Normally, I wouldn't review something as simple as a hot dog, and this whole ripping schtick may seem goofy, but it really is amazing the way that hot oil curls the edges of the torn casing and then also crisps the surface of the exposed meat beneath… And all that crisping creates a tremendous amount of texture that you just can't replicate cooking a hot dog any other way.

Now maybe deep frying a natural casing dog is not a culinary milestone.

When you think about it, it was probably more of an eventuality… At some point, some lazy short-order cook with a filthy apron was bound to cut corners on grilling time and simply toss his dogs into nearby hot oil.  But we're still very lucky it happened, and Rutt’s Hut continues to make it happen with the all right ingredients. 

For instance- If this was done with one of those thin Nathan’s franks, the oil would overpower the surface area, and the frank would probably curl up and die.  

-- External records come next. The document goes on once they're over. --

-- ===== src/Circuit/Tests.antt =====
-- The theorems of circuit PSI at small inputs: the sender has the keys "a" and "b" and the receiver "b"
-- and "c", each with one feature.
mod Crowded
mod Apart
use mathlib.Core.List.{flatten}
use Prim.Native.Nat.{bit_xor}
use petace_set_ops.Base.{
  ℕ, zero, suc, ◌+◌, ◌%◌, ◌^◌, ◌≤◌, ◌<◌, ◌≡◌, ◌≢◌, refl, List, [], ◌∷◌, Bool, true, false, arith,
  Bytes, codes, get_or, length, All, ap,
}
use petace_set_ops.Net.{Proc, done, send, recv}
use petace_set_ops.Net.Meet.{Meets, Meets-cross}
use petace_set_ops.Net.Run.{Reach, joined}
use petace_set_ops.Kkrt.Tables.{eq_bytes}
use petace_set_ops.Kkrt.Tests.{adding, adding_laws, flags, flags_laws}
use petace_set_ops.Circuit.Tables.{
  tabulate, at_key, assign, as_index, locate_bin, locate_bins, xor_first, pad_loop, filter_loop,
  encode_rows, hint, feature_hint, open_hints,
}
use petace_set_ops.Circuit.{CircuitPsi, hint_bins, simple_of, local_table, receiver_table, process}
use petace_set_ops.Circuit.Words.{IsWord}
use petace_set_ops.Circuit.Locate.{At, IndexFits}
use petace_set_ops.Circuit.Hints.{Shared}
use petace_set_ops.Circuit.Joint.{
  Inputs, object, bins, key_table, hint_table, simple_values, table_loc, agrees,
}
use petace_set_ops.Circuit.Phases.{output_x, output_y}
use petace_set_ops.Circuit.Outputs.{share_at}
use petace_set_ops.Circuit.Process.{SizesFit, process_receiver_feature}
use petace_set_ops.Circuit.Found.{process_found}
use petace_set_ops.Circuit.Shape.{IsRow, process_shape}
use petace_set_ops.Circuit.Reuse.{same_pad}
use petace_set_ops.Circuit.Init.{CircuitParams, init, params_of, object_of, init_same_seeds}
use petace_set_ops.Circuit.Toy.{first_byte, first_byte_laws, counting, counting_laws}
use petace_set_ops.Circuit.ToyDuet.{shown, shown_laws}

abbrev pub toy : Inputs
toy = record {
  hashing = first_byte;
  verse = adding;
  pads = counting;
  num_of_fun = 1;
  num_of_fun_hint = 2;
  table_seed = [];
  hint_seed = [];
  own = λ k. (k + 5) % 2 ^ 64;
  x_keys = codes "a" ∷ codes "b" ∷ [];
  x_features = (11 ∷ 22 ∷ []) ∷ [];
  y_keys = codes "b" ∷ codes "c" ∷ [];
  y_features = (33 ∷ 44 ∷ []) ∷ [];
}

pub toy_words : (k : ℕ) → IsWord (toy.own k)
toy_words k = omega arith

pub toy_fit : SizesFit toy
unfolding hint_bins
toy_fit = record {
  x_keys = omega arith;
  x_features = omega arith;
  y_keys = omega arith;
  y_features = omega arith;
  filter_bytes = omega arith;
}

-- What the receiver reads in bin 0, where it has "b".
matches_00 : agrees toy 7 0 0 ≡ true
unfolding at_key assign as_index locate_bin locate_bins pad_loop filter_loop encode_rows hint
    open_hints hint_bins simple_of local_table receiver_table eq_bytes flatten
matches_00 = refl

matches_01 : agrees toy 7 0 1 ≡ false
unfolding at_key assign as_index locate_bin locate_bins pad_loop filter_loop encode_rows hint
    open_hints hint_bins simple_of local_table receiver_table eq_bytes flatten
matches_01 = refl

pub toy_full : length (key_table toy).values ≡ bins toy
unfolding receiver_table
toy_full = refl

pub toy_no_stash : (key_table toy).stash_size ≡ 0
unfolding receiver_table eq_bytes
toy_no_stash = refl

pub toy_no_hint_stash : (hint_table toy).stash_size ≡ 0
unfolding local_table simple_of flatten hint_bins eq_bytes
toy_no_hint_stash = refl

pub toy-IndexFits : IndexFits (simple_values toy)
unfolding simple_of
toy-IndexFits = (omega arith, short)
  where
    short : (b : ℕ) → length (get_or (simple_values toy) b []) ≤ 2 ^ 31
    short zero = omega arith
    short (suc zero) = omega arith
    short (suc (suc b)) = omega arith

alone : (b t : ℕ) → At (simple_values toy) (codes "b") b t → b ≡ 0
unfolding simple_of
alone zero t h = refl
alone (suc zero) zero (_, _, e) = absurd (omega (arith, ap (λ bs. get_or bs 0 0) e))
alone (suc zero) (suc t) (_, lt, _) = absurd (omega (arith, lt))
alone (suc (suc b)) t (lt, _, _) = absurd (omega (arith, lt))

toy-Shared : Shared toy first_byte_laws 7 (codes "b") 0 0
unfolding simple_of receiver_table
toy-Shared = ((omega arith, omega arith, refl), alone, omega arith, omega arith, refl)

single : (j j' : ℕ) → j < 2 → j' < 2 → agrees toy 7 0 j ≡ true → agrees toy 7 0 j' ≡ true → j ≡ j'
single zero zero h h' m m' = refl
single zero (suc zero) h h' m m' = cc (m', matches_01)
single (suc zero) zero h h' m m' = cc (m, matches_01)
single (suc zero) (suc zero) h h' m m' = refl
single (suc (suc j)) j' h h' m m' = absurd (omega arith)
single j (suc (suc j')) h h' m m' = absurd (omega arith)

first : (b g : ℕ) → b < 1 → g < 1 → xor_first g (get_or toy.x_keys b []) ≢ codes "b"
unfolding xor_first
first zero zero h k e = absurd (omega (arith, ap (λ bs. get_or bs 0 0) e))
first (suc b) g h k e = absurd (omega arith)
first b (suc g) h k e = absurd (omega arith)

abbrev pub x_run : Proc (List (List ℕ))
x_run = process first_byte adding counting shown (object toy true) toy.own toy.x_keys toy.x_features

abbrev pub y_run : Proc (List (List ℕ))
y_run =
    process first_byte adding counting shown (object toy false) toy.own toy.y_keys toy.y_features

abbrev pub x_out : List (List ℕ)
x_out = output_x toy adding_laws counting_laws shown shown_laws toy_words

abbrev pub y_out : List (List ℕ)
y_out = output_y toy adding_laws counting_laws shown shown_laws toy_words

process_found_example :
    Reach (joined x_run y_run) (joined (done x_out) (done y_out))
    × (bit_xor (share_at x_out 0 0) (share_at y_out 0 0) ≡ 1)
    × (tabulate 1 0 (λ k. (share_at x_out (suc k) 0 + share_at y_out (suc k) 0) % 2 ^ 64) ≡ 22 ∷ [])
unfolding adding_laws xor_first
process_found_example =
    process_found toy adding_laws counting_laws shown shown_laws toy_words toy_fit first_byte_laws
      toy-IndexFits toy.own 0 0 0 1 0 (codes "b") _ toy_full toy_no_stash toy_no_hint_stash
      toy-Shared single (omega arith) (omega arith) refl first refl

process_shape_example :
    Reach (joined x_run y_run) (joined (done x_out) (done y_out))
    × (length x_out ≡ 3)
    × (length y_out ≡ 3)
    × All (IsRow 2) x_out
    × All (IsRow 2) y_out
process_shape_example =
    process_shape toy adding_laws counting_laws shown shown_laws toy_words toy_fit toy.own 0 _
      toy_full toy_no_stash toy_no_hint_stash refl

took_bin :
    get_or (key_table toy).occupancy 1 false ≡ true
    → (1 < 2) × (get_or (key_table toy).source_values 1 [] ≡ codes "c")
unfolding receiver_table
took_bin h = (omega arith, refl)

first_item : (c : ℕ) → c < 1 → get_or toy.y_keys c [] ≢ codes "c"
first_item zero h e = absurd (omega (arith, ap (λ bs. get_or bs 0 0) e))
first_item (suc c) h e = absurd (omega arith)

process_receiver_feature_example :
    Reach (joined x_run y_run) (joined (done x_out) (done y_out))
    × (share_at x_out 2 1 ≡ 0)
    × (share_at y_out 2 1 ≡ 44)
unfolding receiver_table
process_receiver_feature_example =
    process_receiver_feature toy adding_laws counting_laws shown shown_laws toy_words toy_fit
      toy.own 0 0 1 1 _ toy_full toy_no_stash toy_no_hint_stash (omega arith) took_bin first_item
      (omega arith) refl

plain_fid : (block : ℕ) → block + 0 ≡ block
plain_fid block = omega arith

abbrev two_features : List (Bytes × List ℕ)
two_features = (codes "a", 11 ∷ []) ∷ (codes "b", 22 ∷ []) ∷ []

abbrev toy_masks : List (List ℕ)
toy_masks = encode_rows adding counting 7 0 (simple_values toy)

abbrev toy_filter : (ℕ → ℕ) → ℕ → List ℕ
toy_filter value pos = (filter_loop toy.own (hint_table toy).occupancy value 3 0 pos).0

same_pad_example :
    bit_xor
      (get_or
        (toy_filter
          (hint adding counting (hint_table toy) (table_loc toy) toy_masks (5 ∷ 6 ∷ []))
          0)
        2
        0)
      (get_or
        (toy_filter
          (feature_hint adding counting
            (hint_table toy)
            (table_loc toy)
            toy_masks
            two_features
            0
            (8 ∷ 9 ∷ []))
          9)
        2
        0)
    ≡ bit_xor 5 14
unfolding at_key assign as_index locate_bin locate_bins pad_loop filter_loop encode_rows hint
    open_hints hint_bins simple_of local_table receiver_table eq_bytes flatten
same_pad_example =
    same_pad adding counting toy.own (hint_table toy) (table_loc toy) toy_masks two_features
      (5 ∷ 6 ∷ []) (8 ∷ 9 ∷ []) 3 0 9 2 plain_fid (omega arith) refl

-- A constructor of which each side sends a byte to the other.
abbrev greeting : Bool → Proc (Unit {0})
greeting true = send (1 ∷ []) (recv 1 (λ bytes. done tt))
greeting false = send (2 ∷ []) (recv 1 (λ bytes. done tt))

greeting-Meets : Meets (greeting true) (greeting false) (done tt) (done tt)
greeting-Meets =
    Meets-cross (1 ∷ []) (2 ∷ []) _ _ (λ bytes. done tt) (λ bytes. done tt) _ _ refl refl (0, refl)

abbrev made : Bool → CircuitPsi
made = object_of flags flags_laws (λ seed. seed) greeting greeting-Meets true false 127 130 3 2

abbrev params : Bool → CircuitParams flags
params = params_of flags flags_laws (λ seed. seed) greeting greeting-Meets true false 127 130 3 2

init_same_seeds_example :
    Reach
      (joined
        (init flags (λ seed. seed) greeting true (params true))
        (init flags (λ seed. seed) greeting false (params false)))
      (joined (done (made true)) (done (made false)))
init_same_seeds_example =
    init_same_seeds flags flags_laws (λ seed. seed) greeting greeting-Meets true false 127 130 3 2 0
      _ refl refl (omega arith) (omega arith) (omega arith) (omega arith) refl
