-- ===== src/Circuit/Tests/Apart.antt =====
-- Circuit PSI for a bin in which the receiver has "c" and the sender "a".
use Prim.Native.Nat.{bit_xor}
use petace_set_ops.Base.{
  ℕ, zero, suc, ◌+◌, ◌%◌, ◌^◌, ◌≤◌, ◌<◌, ◌≡◌, ◌≢◌, refl, ◌∙◌, [], ◌∷◌, arith, Bytes, codes, get_or,
  ap,
}
use petace_set_ops.Net.{done}
use petace_set_ops.Net.Run.{Reach, joined}
use petace_set_ops.Kkrt.Tests.{adding_laws}
use petace_set_ops.Circuit.Tables.{tabulate}
use petace_set_ops.Circuit.{hint_bins, simple_of, receiver_table}
use petace_set_ops.Circuit.Locate.{At}
use petace_set_ops.Circuit.Joint.{hint_num, contents, simple_values}
use petace_set_ops.Circuit.Outputs.{share_at}
use petace_set_ops.Circuit.Reading.{NoAccident, pads_at, value_at}
use petace_set_ops.Circuit.Absent.{process_absent}
use petace_set_ops.Circuit.Toy.{first_byte_laws, first_byte_taken, counting_laws}
use petace_set_ops.Circuit.ToyDuet.{shown, shown_laws}
use petace_set_ops.Circuit.Tests.{
  toy, toy_words, toy_fit, toy_full, toy_no_stash, toy_no_hint_stash, toy-IndexFits, x_run, y_run,
  x_out, y_out,
}

-- What the receiver reads in bin 1, under function j, of a content of bin b that is hidden under pad g of w.
abbrev read_as : ℕ → ℕ → Bytes → ℕ → ℕ → ℕ
read_as content b w g j =
    bit_xor (bit_xor content (pads_at toy 7 b w g)) (pads_at toy 7 1 (codes "c") j) % 2 ^ 62

entries_apart :
    (w : Bytes) (b t g j : ℕ)
    → At (simple_values toy) w b t
    → g < 2
    → j < 2
    → bit_xor
          (bit_xor (get_or (contents toy) b 0) (pads_at toy 7 b w g))
          (pads_at toy 7 1 (value_at toy 7 1) j)
        % 2 ^ 62
      ≢ 6
unfolding simple_of receiver_table
entries_apart w zero zero g j (_, _, e) hg hj h =
    entry_b g j hg hj (ap (λ w. read_as 5 0 w g j) e ∙ h)
  where
    entry_b : (g j : ℕ) → g < 2 → j < 2 → read_as 5 0 (codes "b") g j ≢ 6
    entry_b zero zero hg hj h = absurd (omega (arith, h))
    entry_b zero (suc zero) hg hj h = absurd (omega (arith, h))
    entry_b (suc zero) zero hg hj h = absurd (omega (arith, h))
    entry_b (suc zero) (suc zero) hg hj h = absurd (omega (arith, h))
    entry_b (suc (suc g)) j hg hj h = absurd (omega arith)
    entry_b g (suc (suc j)) hg hj h = absurd (omega arith)
entries_apart w (suc zero) zero g j (_, _, e) hg hj h =
    entry_a g j hg hj (ap (λ w. read_as 6 1 w g j) e ∙ h)
  where
    entry_a : (g j : ℕ) → g < 2 → j < 2 → read_as 6 1 (codes "a") g j ≢ 6
    entry_a zero zero hg hj h = absurd (omega (arith, h))
    entry_a zero (suc zero) hg hj h = absurd (omega (arith, h))
    entry_a (suc zero) zero hg hj h = absurd (omega (arith, h))
    entry_a (suc zero) (suc zero) hg hj h = absurd (omega (arith, h))
    entry_a (suc (suc g)) j hg hj h = absurd (omega arith)
    entry_a g (suc (suc j)) hg hj h = absurd (omega arith)
entries_apart w zero (suc t) g j (_, lt, _) hg hj h = absurd (omega (arith, lt))
entries_apart w (suc zero) (suc t) g j (_, lt, _) hg hj h = absurd (omega (arith, lt))
entries_apart w (suc (suc b)) t g j (lt, _, _) hg hj h = absurd (omega (arith, lt))

words_apart :
    (q j : ℕ)
    → 2 ≤ q
    → q < 6
    → j < 2
    → bit_xor (toy.own q) (pads_at toy 7 1 (value_at toy 7 1) j) % 2 ^ 62 ≢ 6
unfolding receiver_table
words_apart zero j h h' hj e = absurd (omega arith)
words_apart (suc zero) j h h' hj e = absurd (omega arith)
words_apart (suc (suc zero)) zero h h' hj e = absurd (omega (arith, e))
words_apart (suc (suc zero)) (suc zero) h h' hj e = absurd (omega (arith, e))
words_apart (suc (suc (suc zero))) zero h h' hj e = absurd (omega (arith, e))
words_apart (suc (suc (suc zero))) (suc zero) h h' hj e = absurd (omega (arith, e))
words_apart (suc (suc (suc (suc zero)))) zero h h' hj e = absurd (omega (arith, e))
words_apart (suc (suc (suc (suc zero)))) (suc zero) h h' hj e = absurd (omega (arith, e))
words_apart (suc (suc (suc (suc (suc zero))))) zero h h' hj e = absurd (omega (arith, e))
words_apart (suc (suc (suc (suc (suc zero))))) (suc zero) h h' hj e = absurd (omega (arith, e))
words_apart (suc (suc (suc (suc (suc (suc q)))))) j h h' hj e = absurd (omega arith)
words_apart q (suc (suc j)) h h' hj e = absurd (omega arith)

some_bin : 0 < hint_num toy
unfolding hint_bins
some_bin = omega arith

toy-NoAccident : NoAccident toy 7 1
unfolding hint_bins
toy-NoAccident = (entries_apart, words_apart)

process_absent_example :
    Reach (joined x_run y_run) (joined (done x_out) (done y_out))
    × (bit_xor (share_at x_out 0 1) (share_at y_out 0 1) ≡ 0)
    × (tabulate 1 0 (λ k. (share_at x_out (suc k) 1 + share_at y_out (suc k) 1) % 2 ^ 64) ≡ 0 ∷ [])
unfolding adding_laws
process_absent_example =
    process_absent toy adding_laws counting_laws shown shown_laws toy_words toy_fit first_byte_laws
      first_byte_taken toy-IndexFits toy.own 0 1 _ toy_full toy_no_stash toy_no_hint_stash some_bin
      (omega arith) toy-NoAccident refl
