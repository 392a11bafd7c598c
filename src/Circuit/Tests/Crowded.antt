-- ===== src/Circuit/Tests/Crowded.antt =====
-- Circuit PSI where a table has a stash.
use mathlib.Core.List.{flatten}
use petace_set_ops.Base.{◌+◌, ◌%◌, ◌^◌, ◌≡◌, refl, [], ◌∷◌, true, false, arith, codes, length}
use petace_set_ops.Net.{fail, stash_not_empty}
use petace_set_ops.Net.Run.{Reach, joined}
use petace_set_ops.Kkrt.Tables.{eq_bytes}
use petace_set_ops.Kkrt.Tests.{adding, adding_laws}
use petace_set_ops.Circuit.{hint_bins, simple_of, local_table, receiver_table, process}
use petace_set_ops.Circuit.Joint.{Inputs, object, bins, key_table, hint_table}
use petace_set_ops.Circuit.Process.{SizesFit}
use petace_set_ops.Circuit.Stash.{process_key_stash, process_hint_stash}
use petace_set_ops.Circuit.Toy.{first_byte, counting}
use petace_set_ops.Circuit.ToyDuet.{shown}

-- Receiver's keys that both belong to bin 0, and sender's keys that both belong to bin 1 of its own table.
abbrev crowded : Inputs
crowded = record {
  hashing = first_byte;
  verse = adding;
  pads = counting;
  num_of_fun = 1;
  num_of_fun_hint = 2;
  table_seed = [];
  hint_seed = [];
  own = λ k. (k + 5) % 2 ^ 64;
  x_keys = codes "a" ∷ codes "b" ∷ [];
  x_features = [];
  y_keys = codes "b" ∷ codes "d" ∷ [];
  y_features = [];
}

abbrev crowded_hints : Inputs
crowded_hints = record {
  hashing = first_byte;
  verse = adding;
  pads = counting;
  num_of_fun = 1;
  num_of_fun_hint = 2;
  table_seed = [];
  hint_seed = [];
  own = λ k. (k + 5) % 2 ^ 64;
  x_keys = codes "a" ∷ codes "e" ∷ [];
  x_features = [];
  y_keys = codes "b" ∷ codes "c" ∷ [];
  y_features = [];
}

crowded_fit : SizesFit crowded
unfolding hint_bins
crowded_fit = record {
  x_keys = omega arith;
  x_features = omega arith;
  y_keys = omega arith;
  y_features = omega arith;
  filter_bytes = omega arith;
}

crowded_hints_fit : SizesFit crowded_hints
unfolding hint_bins
crowded_hints_fit = record {
  x_keys = omega arith;
  x_features = omega arith;
  y_keys = omega arith;
  y_features = omega arith;
  filter_bytes = omega arith;
}

crowded_stash : (key_table crowded).stash_size ≡ 1
unfolding receiver_table eq_bytes
crowded_stash = refl

crowded_hints_full : length (key_table crowded_hints).values ≡ bins crowded_hints
unfolding receiver_table
crowded_hints_full = refl

crowded_hints_no_stash : (key_table crowded_hints).stash_size ≡ 0
unfolding receiver_table eq_bytes
crowded_hints_no_stash = refl

crowded_hints_stash : (hint_table crowded_hints).stash_size ≡ 1
unfolding local_table simple_of flatten hint_bins eq_bytes
crowded_hints_stash = refl

process_key_stash_example :
    Reach
      (joined
        (process first_byte adding counting shown
          (object crowded true)
          crowded.own
          crowded.x_keys
          [])
        (process first_byte adding counting shown
          (object crowded false)
          crowded.own
          crowded.y_keys
          []))
      (joined (fail stash_not_empty) (fail stash_not_empty))
process_key_stash_example =
    process_key_stash crowded shown crowded_fit crowded.own 0 _
      (λ e. omega (arith, e, crowded_stash)) (omega (arith, crowded_stash)) refl

process_hint_stash_example :
    Reach
      (joined
        (process first_byte adding counting shown
          (object crowded_hints true)
          crowded_hints.own
          crowded_hints.x_keys
          [])
        (process first_byte adding counting shown
          (object crowded_hints false)
          crowded_hints.own
          crowded_hints.y_keys
          []))
      (joined (fail stash_not_empty) (fail stash_not_empty))
process_hint_stash_example =
    process_hint_stash crowded_hints shown crowded_hints_fit adding_laws crowded_hints.own 0 _
      crowded_hints_full crowded_hints_no_stash (λ e. omega (arith, e, crowded_hints_stash))
      (omega (arith, crowded_hints_stash)) refl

And if this was done with one of those disgusting skinless franks, we wouldn’t get those off-setting textures. 

And if this was done with a vegan dog, then we would all grow vaginas. 

Giphy Images.

The only upgrade Rutt's could implement (but they won’t) would be to elevate the otherwise forgettable bun they use because the homemade condiments are top notch and whatever Thumann’s puts inside their casing is delicious… And I say "whatever" because let’s face it, we suspend belief or at least “hope-for-the-best” every time we bite into a hot dog. 

I’m sure the FDA has done wonders regulating what can or can’t go into your average weiner, but that old adage still lurks in the back of my mind whenever I order one…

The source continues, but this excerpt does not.